Spearmint will propose new experiments and append them to results.dat each time it is run. Each proposed experiment will have a 'pending' result and time-taken, indicated by the letter P. The user must then run the experiment and fill in these values. Note that the time can safely be set to an arbitrary value if the chooser module does not use it (only GPEIperSecChooser currently does). Spearmint will condition on the pending experiments when proposing new ones, so any number of experiments can be conducted in parallel.

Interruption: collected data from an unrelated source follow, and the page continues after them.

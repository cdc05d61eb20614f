-- ===== src/Ledger/Tests.antt =====
-- A visitor pays, the payment settles, and the theorems at this run.
use concert.Prelude.{
  ℕ, ◌≤◌, ◌≡◌, refl, Bool, false, Option, none, some, List, [], ◌∷◌, get_elem?, inl, inr, String,
  arith, length, ◌⊎◌,
}
use concert.Ledger.{
  Requirements, Receipt, JournalFile, Ledger, Append, durable, open_ledger, empty_ledger, write,
  get, fingerprint_of, line_too_long, LedgerError,
}
use concert.Ledger.Replay.{writes, Reach, opens, next, has_long, restarted}
use concert.Ledger.Reopen.{Reach-Restarts}
use concert.Ledger.Payments.{fingerprint, Reach-one_session}
use concert.Ledger.Answers.{get-write, IsBounded, write-IsBounded}

abbrev price : Requirements ℕ
price = record {
  scheme = "exact";
  network = "base";
  amount = "100";
  asset = "usdc";
  pay_to = "venue";
  max_timeout_seconds = 60;
  extra = [];
}

abbrev receipt : String → Receipt ℕ
receipt at = record {
  session = "s1";
  fingerprint = "f1";
  state = at;
  kind = "user";
  network = "base";
  payer = "alice";
  requirements = price;
  transaction = "t1";
  policy_id = "";
  started = 1;
  settled = 0;
  expires = 0;
  response = none;
}

abbrev blank_file : JournalFile ℕ
blank_file = record { lines = []; has_partial = false }

abbrev opened : Ledger ℕ
opened = empty_ledger 2 blank_file

opened_result : open_ledger (λ r. 300) 2 blank_file ≡ inr opened
unfolding open_ledger
opened_result = refl

abbrev pending : Ledger ℕ
pending = (write opened (receipt "pending") durable).1

abbrev settled : Ledger ℕ
settled = (write pending (receipt "settled") durable).1

settled-Reach : Reach (λ r. 300) 2 blank_file settled
settled-Reach =
    next (next (opens opened opened_result) (writes (receipt "pending") durable))
      (writes (receipt "settled") durable)

settled_healthy : settled.bad ≡ none
unfolding write concert.Ledger.validate concert.Prelude.Table.lookup concert.Ledger.apply
    concert.Prelude.Table.insert
settled_healthy = refl

Reach-Restarts_example :
    open_ledger (λ r. 300) settled.max settled.file
    ≡ restarted (has_long (λ r. 300) settled.file.lines) settled
Reach-Restarts_example = Reach-Restarts settled-Reach settled_healthy

-- The same lines, of 128 KiB each.
long_lines :
    open_ledger (λ r. 131072) 2 (record { lines = receipt "pending" ∷ []; has_partial = false })
    ≡ inl line_too_long
unfolding open_ledger
long_lines = refl

first_line : get_elem? settled.file.lines 0 ≡ some (receipt "pending")
unfolding write concert.Ledger.validate concert.Prelude.Table.lookup concert.Ledger.apply
    concert.Prelude.Table.insert
first_line = refl

second_line : get_elem? settled.file.lines 1 ≡ some (receipt "settled")
unfolding write concert.Ledger.validate concert.Prelude.Table.lookup concert.Ledger.apply
    concert.Prelude.Table.insert
second_line = refl

Reach-one_session_example : (receipt "pending").session ≡ (receipt "settled").session
Reach-one_session_example =
    Reach-one_session 0 1 (receipt "pending") (receipt "settled") settled-Reach settled_healthy
      first_line second_line (fingerprint refl)

settled_file :
    settled.file
    ≡ record { lines = receipt "pending" ∷ receipt "settled" ∷ []; has_partial = false }
unfolding write concert.Ledger.validate concert.Prelude.Table.lookup concert.Ledger.apply
    concert.Prelude.Table.insert
settled_file = refl

written : (write pending (receipt "settled") durable).0 ≡ none
unfolding write concert.Ledger.validate concert.Prelude.Table.lookup concert.Ledger.apply
    concert.Prelude.Table.insert
written = refl

get-write_example :
    (get settled "s1" ≡ some (receipt "settled"))
    × (fingerprint_of settled "f1" ≡ some (receipt "settled"))
get-write_example = get-write pending (receipt "settled") durable written

pending_count : IsBounded pending
unfolding write concert.Ledger.validate concert.Prelude.Table.lookup concert.Ledger.apply
    concert.Prelude.Table.insert
pending_count = one_or_two
  where
    size : length pending.by_fingerprint ≡ 1
    size = refl

    limit : pending.max ≡ 2
    limit = refl

    one_or_two : length pending.by_fingerprint ≤ pending.max
    one_or_two = omega (arith, size, limit)

write-IsBounded_example : IsBounded settled
write-IsBounded_example = write-IsBounded pending (receipt "settled") durable pending_count
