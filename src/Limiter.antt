-- ===== src/Limiter.antt =====
-- limiter.go: failed portal sign-ins by client address, with a lockout after too many.
-- A time.Time is a number of nanoseconds since the zero Time; `-` stops at 0, and a clock that
-- went backwards passes none of the tests below, as in the source.
pub mod Laws
pub mod Burst
mod Tests
use concert.Prelude.{
  ℕ, ◌+◌, ◌-◌, ◌*◌, Bool, true, false, ◌&&◌, Option, none, some, ltb, leb, if◌then◌else◌, length,
}
use concert.Prelude.Table.{Table, lookup, insert, delete, sweep}
use concert.Net.{Addr, addr_eq}

-- portal.go
abbrev pub login_max_failures : ℕ
login_max_failures = 5

abbrev pub login_window : ℕ
login_window = 15 * 60 * 1000000000

abbrev pub login_lockout : ℕ
login_lockout = 15 * 60 * 1000000000

-- loginState
pub record LoginState : Type 0 where
  pub fails : ℕ
  pub first : ℕ
  pub locked_until : ℕ

-- loginLimiter
abbrev pub LoginLimiter : Type 0
LoginLimiter = Table Addr LoginState

-- How long the state still locks its address out.
abbrev pub lock_left : ℕ → Option LoginState → ℕ × Bool
lock_left now none = (0, false)
lock_left now (some s) = if ltb now s.locked_until then (s.locked_until - now, true) else (0, false)

unfoldable pub locked : Addr → ℕ → LoginLimiter → ℕ × Bool
locked ip now l = lock_left now (lookup ip l)

-- The state that a failure counts in: a new one when there is none or its window is over.
abbrev pub current : ℕ → Option LoginState → LoginState
current now none = record { fails = 0; first = now; locked_until = 0 }
current now (some s) =
    if ltb login_window (now - s.first)
    then record { fails = 0; first = now; locked_until = 0 }
    else s

abbrev pub count_failure : ℕ → LoginState → LoginState
count_failure now s =
    if leb login_max_failures (s.fails + 1)
    then record { fails = 0; first = now; locked_until = now + login_lockout }
    else record s { fails = s.fails + 1 }

unfoldable pub fail : Addr → ℕ → LoginLimiter → LoginLimiter
fail ip now l = insert ip (count_failure now (current now (lookup ip l))) l

unfoldable pub reset : Addr → LoginLimiter → LoginLimiter
reset ip l = delete ip l

abbrev pub is_stale : ℕ → Addr → LoginState → Bool
is_stale now ip s = ltb s.locked_until now && ltb login_window (now - s.first)

-- sweep
unfoldable pub purge : ℕ → LoginLimiter → LoginLimiter
purge now l = sweep (is_stale now) l

unfoldable pub count : LoginLimiter → ℕ
count l = length l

A script, cleanup.sh, is provided to completely clean up all the intermediate files and results in an experimental directory and restart the experiment from scratch.

Choser modules:

The chooser modules implement functions that tell spearmint which next job to run. Some correspond to 'acquisition functions' in the Bayesian optimization literature. Spearmint takes as an argument --method=ChooserModule which allows one to easy swap out acquisition functions. Choosers may optionally include parameters that can be passed to spearmint using the argument method-args=argument1,argument2,etc. These include, for example, the number of GP hyperparameter samples to use. See the comments in chooser files for chooser dependent arguments. Below are described the choosers provided in this package:

  • SequentialChooser: Chooses the next experiment using a high discrepancy Sobol sequence. Experiments are taken sequentially from a coarse-to-fine grid.

  • RandomChooser: Experiments are sampled randomly from the unit hypercube.

  • GPEIOptChooser: The GP EI MCMC algorithm from the paper. Jobs are first sampled densely from a dense grid on the unit hypercube and then the best candidates are optimized 'fine-tuned' according to EI.

  • GPEIperSecChooser: The GP EI per Second algorithm from the paper. Similar to GPEIOptChooser except points are optimized and evaluated based on the EI per Second criterion, where each job is weighted by the expected running time of the experiment.

  • GPEIChooser: Points are densely sampled on the unit hypercube and the best is returned according to the EI criterion. This is considerably faster than the GPEIOptChooser and works well in low-dimensional cases where the grid covers the search space densely.

IMPORTANT!

When estimating noise, the Gaussian process prior over noise assumes that the noise level is 'low' (e.g. between -1 to 1). If this is not the case, make sure to rescale your function to make this true (e.g. to approximately be between -1 and 1). Otherwise, the algorithm will find a bad high-noise mode that will result in bad performance.